### DATA FOR ANALYSIS ###

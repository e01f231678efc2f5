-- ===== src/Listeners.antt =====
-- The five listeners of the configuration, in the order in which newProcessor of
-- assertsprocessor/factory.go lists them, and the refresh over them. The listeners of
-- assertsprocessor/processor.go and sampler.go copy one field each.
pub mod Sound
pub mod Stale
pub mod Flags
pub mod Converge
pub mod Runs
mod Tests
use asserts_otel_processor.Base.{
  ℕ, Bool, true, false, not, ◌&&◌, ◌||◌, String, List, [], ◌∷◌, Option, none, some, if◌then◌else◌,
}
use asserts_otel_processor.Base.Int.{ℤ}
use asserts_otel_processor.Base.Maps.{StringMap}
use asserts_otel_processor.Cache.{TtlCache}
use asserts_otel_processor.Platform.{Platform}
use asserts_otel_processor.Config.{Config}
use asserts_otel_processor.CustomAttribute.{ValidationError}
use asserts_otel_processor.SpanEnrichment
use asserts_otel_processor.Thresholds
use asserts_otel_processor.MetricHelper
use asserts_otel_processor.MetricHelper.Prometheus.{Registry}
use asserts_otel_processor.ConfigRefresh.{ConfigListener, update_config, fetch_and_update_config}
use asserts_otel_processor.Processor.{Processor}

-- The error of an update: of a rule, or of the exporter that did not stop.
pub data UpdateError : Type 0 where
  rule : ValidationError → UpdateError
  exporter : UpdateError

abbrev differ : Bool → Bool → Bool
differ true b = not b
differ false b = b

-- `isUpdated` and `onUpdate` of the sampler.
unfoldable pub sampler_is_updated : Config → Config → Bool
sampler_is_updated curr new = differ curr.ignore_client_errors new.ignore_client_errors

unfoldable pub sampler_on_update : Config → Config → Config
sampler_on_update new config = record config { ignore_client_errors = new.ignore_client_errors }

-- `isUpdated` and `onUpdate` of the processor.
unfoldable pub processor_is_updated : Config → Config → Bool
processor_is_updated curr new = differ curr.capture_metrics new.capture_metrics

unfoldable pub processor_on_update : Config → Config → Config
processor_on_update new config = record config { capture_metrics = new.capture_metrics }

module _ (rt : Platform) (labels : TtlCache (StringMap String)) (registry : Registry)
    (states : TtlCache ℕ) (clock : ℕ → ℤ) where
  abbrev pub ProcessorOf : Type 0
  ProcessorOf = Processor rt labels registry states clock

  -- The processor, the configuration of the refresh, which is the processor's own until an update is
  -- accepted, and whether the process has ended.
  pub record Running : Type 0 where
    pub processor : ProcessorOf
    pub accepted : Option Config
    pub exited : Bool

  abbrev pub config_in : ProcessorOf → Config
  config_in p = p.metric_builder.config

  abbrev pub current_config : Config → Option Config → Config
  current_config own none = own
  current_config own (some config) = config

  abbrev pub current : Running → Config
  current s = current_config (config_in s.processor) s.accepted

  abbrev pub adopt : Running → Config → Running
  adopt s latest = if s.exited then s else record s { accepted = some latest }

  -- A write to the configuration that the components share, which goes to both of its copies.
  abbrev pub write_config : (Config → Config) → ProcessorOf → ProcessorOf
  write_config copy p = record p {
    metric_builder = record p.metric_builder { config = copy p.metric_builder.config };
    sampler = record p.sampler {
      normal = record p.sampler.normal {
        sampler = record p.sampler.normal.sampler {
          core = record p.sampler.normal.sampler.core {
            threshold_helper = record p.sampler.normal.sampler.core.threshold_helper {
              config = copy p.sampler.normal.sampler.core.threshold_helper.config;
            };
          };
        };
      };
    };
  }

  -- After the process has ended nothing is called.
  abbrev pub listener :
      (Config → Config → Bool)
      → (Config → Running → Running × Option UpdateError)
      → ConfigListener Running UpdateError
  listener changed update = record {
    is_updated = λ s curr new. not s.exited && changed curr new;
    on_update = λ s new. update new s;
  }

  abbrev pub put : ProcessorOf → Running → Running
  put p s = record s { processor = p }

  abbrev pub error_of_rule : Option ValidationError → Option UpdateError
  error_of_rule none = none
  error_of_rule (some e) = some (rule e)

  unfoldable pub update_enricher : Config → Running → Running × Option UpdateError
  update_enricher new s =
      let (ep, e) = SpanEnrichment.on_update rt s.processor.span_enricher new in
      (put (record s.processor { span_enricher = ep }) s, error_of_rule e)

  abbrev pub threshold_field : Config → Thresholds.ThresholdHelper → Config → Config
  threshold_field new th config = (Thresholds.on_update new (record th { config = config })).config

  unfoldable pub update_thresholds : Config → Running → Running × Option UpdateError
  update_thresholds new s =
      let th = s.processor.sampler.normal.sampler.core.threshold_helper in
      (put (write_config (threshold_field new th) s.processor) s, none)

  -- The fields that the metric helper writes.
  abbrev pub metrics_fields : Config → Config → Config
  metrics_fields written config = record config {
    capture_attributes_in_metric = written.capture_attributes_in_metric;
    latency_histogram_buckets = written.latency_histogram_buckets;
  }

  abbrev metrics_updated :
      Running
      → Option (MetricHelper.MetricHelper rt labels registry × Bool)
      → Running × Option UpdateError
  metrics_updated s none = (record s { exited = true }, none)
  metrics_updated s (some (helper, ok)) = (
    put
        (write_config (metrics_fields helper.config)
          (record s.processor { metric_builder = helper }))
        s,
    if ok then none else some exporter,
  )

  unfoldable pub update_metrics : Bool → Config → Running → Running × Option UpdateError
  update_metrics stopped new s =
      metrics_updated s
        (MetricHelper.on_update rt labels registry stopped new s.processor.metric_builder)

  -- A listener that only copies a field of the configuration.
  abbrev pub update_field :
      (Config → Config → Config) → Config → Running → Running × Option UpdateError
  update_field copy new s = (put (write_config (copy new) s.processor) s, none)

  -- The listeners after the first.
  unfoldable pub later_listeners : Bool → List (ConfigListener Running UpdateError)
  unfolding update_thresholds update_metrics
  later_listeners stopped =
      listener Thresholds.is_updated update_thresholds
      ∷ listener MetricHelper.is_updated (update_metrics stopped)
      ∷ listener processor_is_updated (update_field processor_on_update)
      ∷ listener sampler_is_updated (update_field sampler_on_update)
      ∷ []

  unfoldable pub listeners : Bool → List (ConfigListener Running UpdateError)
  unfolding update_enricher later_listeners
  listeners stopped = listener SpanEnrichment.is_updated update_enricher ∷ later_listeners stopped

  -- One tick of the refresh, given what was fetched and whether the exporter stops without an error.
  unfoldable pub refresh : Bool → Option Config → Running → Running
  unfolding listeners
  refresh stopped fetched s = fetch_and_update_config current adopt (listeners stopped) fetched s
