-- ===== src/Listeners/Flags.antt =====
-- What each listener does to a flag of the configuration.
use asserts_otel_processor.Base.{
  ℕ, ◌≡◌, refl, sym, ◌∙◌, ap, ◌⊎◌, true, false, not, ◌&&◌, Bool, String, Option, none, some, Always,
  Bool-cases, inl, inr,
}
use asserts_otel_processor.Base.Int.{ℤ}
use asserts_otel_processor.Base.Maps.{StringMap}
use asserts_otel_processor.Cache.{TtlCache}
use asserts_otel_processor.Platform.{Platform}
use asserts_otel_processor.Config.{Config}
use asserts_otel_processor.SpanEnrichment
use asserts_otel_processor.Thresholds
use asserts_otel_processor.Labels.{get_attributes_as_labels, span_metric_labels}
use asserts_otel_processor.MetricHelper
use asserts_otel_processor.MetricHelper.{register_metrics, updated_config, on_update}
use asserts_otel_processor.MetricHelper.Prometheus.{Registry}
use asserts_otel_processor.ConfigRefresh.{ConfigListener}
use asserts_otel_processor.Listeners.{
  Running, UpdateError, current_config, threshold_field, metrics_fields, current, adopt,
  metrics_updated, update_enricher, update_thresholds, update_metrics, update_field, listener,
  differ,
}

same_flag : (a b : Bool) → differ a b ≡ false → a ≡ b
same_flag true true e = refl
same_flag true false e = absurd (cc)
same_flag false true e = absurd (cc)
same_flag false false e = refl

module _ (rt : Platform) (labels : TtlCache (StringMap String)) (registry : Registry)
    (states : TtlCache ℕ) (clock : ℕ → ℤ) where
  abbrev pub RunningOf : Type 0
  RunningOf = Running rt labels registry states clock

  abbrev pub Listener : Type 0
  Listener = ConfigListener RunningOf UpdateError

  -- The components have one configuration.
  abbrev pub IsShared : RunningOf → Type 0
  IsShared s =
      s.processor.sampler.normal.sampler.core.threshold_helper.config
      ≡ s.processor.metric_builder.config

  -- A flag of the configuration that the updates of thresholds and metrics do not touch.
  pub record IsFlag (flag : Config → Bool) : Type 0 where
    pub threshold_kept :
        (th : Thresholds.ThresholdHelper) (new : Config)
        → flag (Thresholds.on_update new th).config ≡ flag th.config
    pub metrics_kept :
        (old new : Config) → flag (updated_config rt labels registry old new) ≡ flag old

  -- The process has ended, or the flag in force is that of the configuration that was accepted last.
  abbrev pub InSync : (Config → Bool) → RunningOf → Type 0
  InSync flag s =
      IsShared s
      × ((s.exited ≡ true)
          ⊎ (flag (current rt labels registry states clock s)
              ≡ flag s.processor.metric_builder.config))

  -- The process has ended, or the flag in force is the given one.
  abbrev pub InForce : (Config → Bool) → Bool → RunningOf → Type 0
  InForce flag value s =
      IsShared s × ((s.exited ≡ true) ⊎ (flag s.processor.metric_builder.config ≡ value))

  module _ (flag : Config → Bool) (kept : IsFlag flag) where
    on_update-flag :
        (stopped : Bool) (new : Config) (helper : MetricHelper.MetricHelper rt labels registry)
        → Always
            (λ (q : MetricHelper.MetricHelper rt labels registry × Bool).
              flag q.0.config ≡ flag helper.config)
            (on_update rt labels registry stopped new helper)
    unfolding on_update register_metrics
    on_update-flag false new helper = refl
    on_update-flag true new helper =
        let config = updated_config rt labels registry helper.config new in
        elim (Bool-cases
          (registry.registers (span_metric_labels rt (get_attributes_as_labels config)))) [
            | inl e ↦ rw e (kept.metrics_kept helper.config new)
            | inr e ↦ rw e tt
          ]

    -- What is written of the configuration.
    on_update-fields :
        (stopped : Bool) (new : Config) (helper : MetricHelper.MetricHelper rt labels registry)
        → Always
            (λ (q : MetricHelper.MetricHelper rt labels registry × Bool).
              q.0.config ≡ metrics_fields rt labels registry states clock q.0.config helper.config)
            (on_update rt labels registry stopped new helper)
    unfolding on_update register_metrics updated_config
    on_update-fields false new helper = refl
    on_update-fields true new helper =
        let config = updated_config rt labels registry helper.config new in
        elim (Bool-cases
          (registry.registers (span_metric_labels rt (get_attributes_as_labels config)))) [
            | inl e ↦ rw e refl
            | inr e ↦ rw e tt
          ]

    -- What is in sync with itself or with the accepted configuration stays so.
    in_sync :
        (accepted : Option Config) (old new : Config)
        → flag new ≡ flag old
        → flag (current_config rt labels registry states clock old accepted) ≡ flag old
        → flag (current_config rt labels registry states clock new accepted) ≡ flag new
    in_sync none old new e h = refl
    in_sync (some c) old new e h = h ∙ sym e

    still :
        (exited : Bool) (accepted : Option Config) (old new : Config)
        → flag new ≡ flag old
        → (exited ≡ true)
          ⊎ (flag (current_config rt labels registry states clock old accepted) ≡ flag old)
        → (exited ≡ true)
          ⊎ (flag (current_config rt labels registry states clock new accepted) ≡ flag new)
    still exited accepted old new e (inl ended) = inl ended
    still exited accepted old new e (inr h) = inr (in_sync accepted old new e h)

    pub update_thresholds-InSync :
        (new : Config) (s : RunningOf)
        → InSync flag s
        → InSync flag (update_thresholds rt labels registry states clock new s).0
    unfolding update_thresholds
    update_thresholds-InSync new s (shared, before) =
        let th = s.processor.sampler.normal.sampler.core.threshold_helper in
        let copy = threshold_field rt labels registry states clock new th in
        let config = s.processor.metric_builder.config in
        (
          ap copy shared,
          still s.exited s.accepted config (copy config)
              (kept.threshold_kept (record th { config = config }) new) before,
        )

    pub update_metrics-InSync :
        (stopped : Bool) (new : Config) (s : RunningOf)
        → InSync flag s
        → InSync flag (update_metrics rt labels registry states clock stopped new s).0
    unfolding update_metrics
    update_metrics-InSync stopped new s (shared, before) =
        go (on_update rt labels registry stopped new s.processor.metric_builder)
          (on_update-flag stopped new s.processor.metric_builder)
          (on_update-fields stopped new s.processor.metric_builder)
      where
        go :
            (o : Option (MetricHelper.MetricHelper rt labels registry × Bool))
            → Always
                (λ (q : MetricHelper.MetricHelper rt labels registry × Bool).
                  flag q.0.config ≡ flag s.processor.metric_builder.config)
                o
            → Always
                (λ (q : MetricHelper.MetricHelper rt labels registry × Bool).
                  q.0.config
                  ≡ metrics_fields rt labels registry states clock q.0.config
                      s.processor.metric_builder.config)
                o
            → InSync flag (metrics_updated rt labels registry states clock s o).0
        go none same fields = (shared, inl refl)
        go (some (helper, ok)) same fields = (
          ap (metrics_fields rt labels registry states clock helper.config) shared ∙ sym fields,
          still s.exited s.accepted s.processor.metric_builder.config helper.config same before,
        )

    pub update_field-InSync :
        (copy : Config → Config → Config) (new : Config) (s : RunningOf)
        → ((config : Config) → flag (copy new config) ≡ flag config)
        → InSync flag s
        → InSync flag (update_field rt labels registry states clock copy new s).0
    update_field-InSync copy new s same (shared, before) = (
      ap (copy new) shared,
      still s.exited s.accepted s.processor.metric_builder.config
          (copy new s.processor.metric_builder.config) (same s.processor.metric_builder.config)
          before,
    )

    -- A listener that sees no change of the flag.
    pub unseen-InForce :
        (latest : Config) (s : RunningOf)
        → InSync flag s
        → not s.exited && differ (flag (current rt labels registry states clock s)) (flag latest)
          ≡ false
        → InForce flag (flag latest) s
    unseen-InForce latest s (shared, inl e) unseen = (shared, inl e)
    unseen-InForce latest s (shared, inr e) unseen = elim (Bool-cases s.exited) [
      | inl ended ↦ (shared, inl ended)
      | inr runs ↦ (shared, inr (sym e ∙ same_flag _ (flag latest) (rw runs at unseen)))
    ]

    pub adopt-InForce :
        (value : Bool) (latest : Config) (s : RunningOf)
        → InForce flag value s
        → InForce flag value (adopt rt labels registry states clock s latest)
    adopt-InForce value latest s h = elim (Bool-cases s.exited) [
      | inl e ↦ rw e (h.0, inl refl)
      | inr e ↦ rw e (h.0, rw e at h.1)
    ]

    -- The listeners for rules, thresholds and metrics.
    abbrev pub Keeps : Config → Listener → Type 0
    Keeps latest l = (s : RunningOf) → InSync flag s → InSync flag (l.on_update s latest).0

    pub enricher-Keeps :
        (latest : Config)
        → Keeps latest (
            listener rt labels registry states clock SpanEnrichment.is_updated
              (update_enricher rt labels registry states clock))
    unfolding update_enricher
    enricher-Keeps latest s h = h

###

In the listing above, find each line with the word "configuration" and copy it.

-- The five listeners of the configuration, in the order in which newProcessor of
  -- The processor, the configuration of the refresh, which is the processor's own until an update is
  -- A write to the configuration that the components share, which goes to both of its copies.
  -- A listener that only copies a field of the configuration.
-- What each listener does to a flag of the configuration.
  -- The components have one configuration.
  -- A flag of the configuration that the updates of thresholds and metrics do not touch.
  -- The process has ended, or the flag in force is that of the configuration that was accepted last.
    -- What is written of the configuration.
    -- What is in sync with itself or with the accepted configuration stays so.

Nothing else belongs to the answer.